L'intervento dei carabinieri e il taser
Le segnalazioni dei passanti hanno consentito ai carabinieri di raggiungere rapidamente il luogo dell'aggressione. Quando i militari sono arrivati nel parco, però, il giovane si sarebbe mostrato particolarmente agitato e difficile da contenere. Secondo quanto riferito dai familiari della vittima, nemmeno la presenza di più carabinieri sarebbe stata inizialmente sufficiente a fermarlo. La situazione sarebbe stata riportata sotto controllo soltanto grazie all'utilizzo del taser, impiegato per immobilizzare il ragazzo e mettere fine all'aggressione.
Il ricovero in ospedale
Per il pensionato si è reso necessario il trasporto immediato in pronto soccorso. Gli accertamenti medici hanno evidenziato un quadro clinico importante, anche se fortunatamente non gravissimo. L'uomo ha riportato la frattura di tre costole, numerose contusioni al volto e diversi traumi dovuti ai colpi ricevuti. I medici hanno escluso conseguenze neurologiche più serie come traumi cranici o commozioni cerebrali, ma la prognosi resta comunque significativa e prevede almeno un mese di recupero.

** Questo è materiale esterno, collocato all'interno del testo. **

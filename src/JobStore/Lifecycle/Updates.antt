-- ===== src/JobStore/Lifecycle/Updates.antt =====
-- Ascending ids, and updates by id.
use dygo.Base.{
  ℕ, ◌+◌, ◌<◌, ◌≡◌, refl, sym, ap, subst, ◌∙◌, List, [], ◌∷◌, ◌++◌, Bool, true, false, Memᴰ, All,
  All-append, All-mem, select, Bool-cases, inl, inr, arith, ==→≡,
}
use dygo.JobStore.Defs.{Row, update_where, has_id}
use dygo.JobStore.Lifecycle.Steps.{
  Step, Evolves, here, updated, inserted, removed, Step-id, All-update_where, All-select,
}

-- The ids grow along the table and lie below the counter.
abbrev pub IsAscending : ℕ → List Row → Type 0
IsAscending n [] = Unit
IsAscending n (r ∷ rs) = All (λ s. r.id < s.id) rs × (r.id < n) × IsAscending n rs

-- Two rows with one id are one row.
pub row_of_id :
    (n : ℕ) (rows : List Row) {r s : Row}
    → IsAscending n rows
    → Memᴰ r rows
    → Memᴰ s rows
    → r.id ≡ s.id
    → r ≡ s
row_of_id n [] a m k e = elim m [ ]
row_of_id n (x ∷ xs) a (Memᴰ.head p) (Memᴰ.head q) e = p ∙ sym q
row_of_id n (x ∷ xs) a (Memᴰ.head p) (Memᴰ.tail k) e =
    absurd (omega (arith, All-mem (λ t. x.id < t.id) xs a.0 k, ap (λ (t : Row). t.id) p))
row_of_id n (x ∷ xs) a (Memᴰ.tail m) (Memᴰ.head q) e =
    absurd (omega (arith, All-mem (λ t. x.id < t.id) xs a.0 m, ap (λ (t : Row). t.id) q))
row_of_id n (x ∷ xs) a (Memᴰ.tail m) (Memᴰ.tail k) e = row_of_id n xs a.2 m k e

-- An update by the id of a row that is there changes that row, if the new row is a step of it.
pub updated_by_id :
    (n m : ℕ) (rows xs : List Row) (r : Row) (f : Row → Row)
    → Evolves n rows m xs
    → IsAscending m xs
    → Memᴰ r xs
    → Step r (f r)
    → Evolves n rows m (update_where (has_id r.id) f xs)
updated_by_id n m rows xs r f e a i s =
    updated (has_id r.id) f e
      (λ t j h. subst (λ u. Step u (f u)) (row_of_id m xs a i j (sym (==→≡ t.id r.id h))) s)

Ascending-update_where :
    (n : ℕ) (test : Row → Bool) (f : Row → Row) (rows : List Row)
    → ((r : Row) → Memᴰ r rows → test r ≡ true → Step r (f r))
    → IsAscending n rows
    → IsAscending n (update_where test f rows)
unfolding update_where
Ascending-update_where n test f [] h a = tt
Ascending-update_where n test f (r ∷ rs) h a =
    let step : (s : Row) → Memᴰ s rs → test s ≡ true → Step s (f s) = λ s m. h s (Memᴰ.tail m) in
    let above = λ (i : ℕ).
      All-update_where (λ s. i < s.id) test f rs (λ s m t p. rw (Step-id (step s m t)) p) in
    elim (Bool-cases (test r)) [
      | inl e ↦ rw e (
          rw (Step-id (h r (Memᴰ.head refl) e))
            (above r.id a.0, a.1, Ascending-update_where n test f rs step a.2))
      | inr e ↦ rw e (above r.id a.0, a.1, Ascending-update_where n test f rs step a.2)
    ]

Ascending-select :
    (n : ℕ) (keep : Row → Bool) (rows : List Row)
    → IsAscending n rows
    → IsAscending n (select keep rows)
Ascending-select n keep [] a = tt
Ascending-select n keep (r ∷ rs) a = elim (Bool-cases (keep r)) [
  | inl e ↦ rw e (All-select (λ s. r.id < s.id) keep rs a.0, a.1, Ascending-select n keep rs a.2)
  | inr e ↦ rw e (Ascending-select n keep rs a.2)
]

Ascending-snoc :
    (n : ℕ) (rows : List Row) (r : Row)
    → r.id ≡ n
    → IsAscending n rows
    → IsAscending (n + 1) (rows ++ r ∷ [])
Ascending-snoc n [] r e a = (tt, omega arith, tt)
Ascending-snoc n (x ∷ xs) r e a = (
  All-append (λ s. x.id < s.id) xs (r ∷ []) a.0 (omega arith, tt),
  omega arith,
  Ascending-snoc n xs r e a.2,
)

-- A table that evolves keeps its ids ascending and below its counter.
pub IsAscending-Evolves :
    {n : ℕ} {rows : List Row} {m : ℕ} {xs : List Row}
    → Evolves n rows m xs
    → IsAscending n rows
    → IsAscending m xs
IsAscending-Evolves here a = a
IsAscending-Evolves {m = m} (updated {xs = xs} test f e h) a =
    Ascending-update_where m test f xs h (IsAscending-Evolves e a)
IsAscending-Evolves (inserted {m = m} {xs = xs} r e i h k) a =
    Ascending-snoc m xs r i (IsAscending-Evolves e a)
IsAscending-Evolves {m = m} (removed {xs = xs} keep e h) a =
    Ascending-select m keep xs (IsAscending-Evolves e a)

pub id-lt : (n : ℕ) (rows : List Row) {r : Row} → IsAscending n rows → Memᴰ r rows → r.id < n
id-lt n [] a m = elim m [ ]
id-lt n (x ∷ xs) a (Memᴰ.head e) = omega (arith, ap (λ (t : Row). t.id) e)
id-lt n (x ∷ xs) a (Memᴰ.tail m) = id-lt n xs a.2 m

-- What holds of a table after an update, from what its updated rows and its other rows satisfy.
pub All-update_cases :
    (P Q : Row → Type 0) (test : Row → Bool) (f : Row → Row) (rows : List Row)
    → ((r : Row) → Memᴰ r rows → test r ≡ true → Q (f r))
    → ((r : Row) → test r ≡ false → P r → Q r)
    → All P rows
    → All Q (update_where test f rows)
unfolding update_where
All-update_cases P Q test f [] h k a = tt
All-update_cases P Q test f (r ∷ rs) h k a =
    let rest = All-update_cases P Q test f rs (λ s m. h s (Memᴰ.tail m)) k a.1 in
    elim (Bool-cases (test r)) [
      | inl t ↦ rw t (h r (Memᴰ.head refl) t, rest)
      | inr t ↦ rw t (k r t a.0, rest)
    ]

"Dieci minuti che non dimenticherà mai"
Per la famiglia, ciò che è accaduto rappresenta qualcosa di difficile da accettare. La figlia dell'uomo racconta che il padre è riuscito a rimanere cosciente per tutta la durata dell'aggressione, mantenendo lucidità anche nei momenti più drammatici. "Ha vissuto i dieci minuti più brutti della sua vita", spiega. Nel tentativo di proteggersi, il pensionato avrebbe persino cercato di difendersi con le braccia, riportando lividi e segni evidenti dovuti ai colpi e agli sforzi compiuti per cercare di limitare le conseguenze dell'aggressione.

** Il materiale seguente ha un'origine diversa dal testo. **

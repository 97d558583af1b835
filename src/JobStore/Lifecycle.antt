-- ===== src/JobStore/Lifecycle.antt =====
-- What the operations of the store do to the table "job_execution", in terms of single rows.
mod Steps
mod Updates
pub use Steps.*
pub use Updates.*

La denuncia e la richiesta di maggiore sicurezza
Dopo le dimissioni dall'ospedale, il 75enne ha deciso di sporgere denuncia presso il comando provinciale dei carabinieri di Padova. Oltre alle ferite fisiche, restano infatti la paura e l'incredulità per quanto accaduto. "Adesso è molto arrabbiato e ancora scosso", racconta la figlia. "Ringraziamo il cielo che sia rimasto sempre cosciente e che le conseguenze non siano state ancora più gravi". La donna si interroga anche sul futuro. Non sa se il padre avrà il coraggio di tornare nel parco dove è stato aggredito, un luogo che frequentava semplicemente per passeggiare e trascorrere qualche momento all'aria aperta.

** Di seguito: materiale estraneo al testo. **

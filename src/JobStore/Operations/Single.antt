-- ===== src/JobStore/Operations/Single.antt =====
-- The operations that change one row by one UPDATE.
use dygo.Base.{
  ℕ, ◌≡◌, refl, true, not, ◌&&◌, Option, some, none, Text, Bool-cases, inl, inr, arith, any, find,
  is_empty, trim_space,
}
use dygo.JobStore.Defs.{
  Row, queued, running, Execution, Db, Runtime, owns, complete_row, fail_row, expire_row,
  cancel_row, update_owned, complete, fail_final, expire_claim, cancel, is_queued,
}
use dygo.JobStore.Lifecycle.{
  Step, completed, failed_for_good, expired, withdrawn, Evolves, here, updated,
}

abbrev pub Moves : Db → Db → Type 0
Moves db db' = Evolves db.next_id db.executions db'.next_id db'.executions

pub owns-running : (e : Execution) (r : Row) → owns e r ≡ true → r.status ≡ running
unfolding owns
owns-running e r h = ground arith

is_queued-queued : (i : ℕ) (r : Row) → is_queued i r ≡ true → r.status ≡ queued
is_queued-queued i r h = ground arith

update_owned-Moves :
    (e : Execution) (f : Row → Row) (db : Db)
    → ((r : Row) → r.status ≡ running → Step r (f r))
    → Moves db (update_owned e f db).1
update_owned-Moves e f db s = elim (Bool-cases (any (owns e) db.executions)) [
  | inl h ↦ rw h (updated (owns e) f here (λ r m t. s r (owns-running e r t)))
  | inr h ↦ rw h here
]

pub complete-Moves :
    (rt : Runtime) (e : Execution) (result : Text) (now : ℕ) (db : Db)
    → Moves db (complete rt e result now db).1
unfolding complete
complete-Moves rt e result now db =
    elim (Bool-cases (not (is_empty result) && not (rt.json_valid result))) [
      | inl h ↦ rw h here
      | inr h ↦
          rw h (update_owned-Moves e (complete_row result now) db (λ r q. completed result now q))
    ]

pub fail_final-Moves :
    (e : Execution) (message : Text) (now : ℕ) (db : Db) → Moves db (fail_final e message now db).1
unfolding fail_final
fail_final-Moves e message now db =
    update_owned-Moves e (fail_row (trim_space message) now) db
      (λ r q. failed_for_good (trim_space message) now q)

pub expire_claim-Moves : (e : Execution) (now : ℕ) (db : Db) → Moves db (expire_claim e now db).1
unfolding expire_claim
expire_claim-Moves e now db = go (find (owns e) db.executions) refl
  where
    go : (o : Option Row) → find (owns e) db.executions ≡ o → Moves db (expire_claim e now db).1
    go none h = rw (h, expire_claim) here
    go (some r) h =
        rw (h, expire_claim)
          (updated (owns e) (expire_row now) here (λ r m t. expired now (owns-running e r t)))

pub cancel-Moves : (i now : ℕ) (db : Db) → Moves db (cancel i now db).1
unfolding cancel
cancel-Moves i now db = elim (Bool-cases (any (is_queued i) db.executions)) [
  | inl h ↦ rw h (
      updated (is_queued i) (cancel_row now) here (λ r m t. withdrawn now (is_queued-queued i r t)))
  | inr h ↦ rw h here
]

La paura di chi vive gli spazi pubblici
L'episodio ha inevitabilmente riacceso il dibattito sulla sicurezza negli spazi pubblici e sul crescente senso di insicurezza percepito da molti cittadini. "Non è ammissibile vivere con la paura che qualcuno possa assalirti senza motivo", sottolinea la figlia della vittima. Una frase che racchiude il sentimento di sgomento lasciato da una vicenda che, almeno secondo quanto emerso finora, sarebbe scoppiata senza alcuna ragione apparente. Mentre le indagini proseguono per chiarire ogni dettaglio dell'accaduto e ricostruire il profilo dell'aggressore, il pensionato cerca ora di recuperare dalle ferite riportate. Ferite che guariranno con il tempo, ma che difficilmente cancelleranno il ricordo di quei momenti di violenza vissuti in un luogo che avrebbe dovuto essere sinonimo di tranquillità e sicurezza.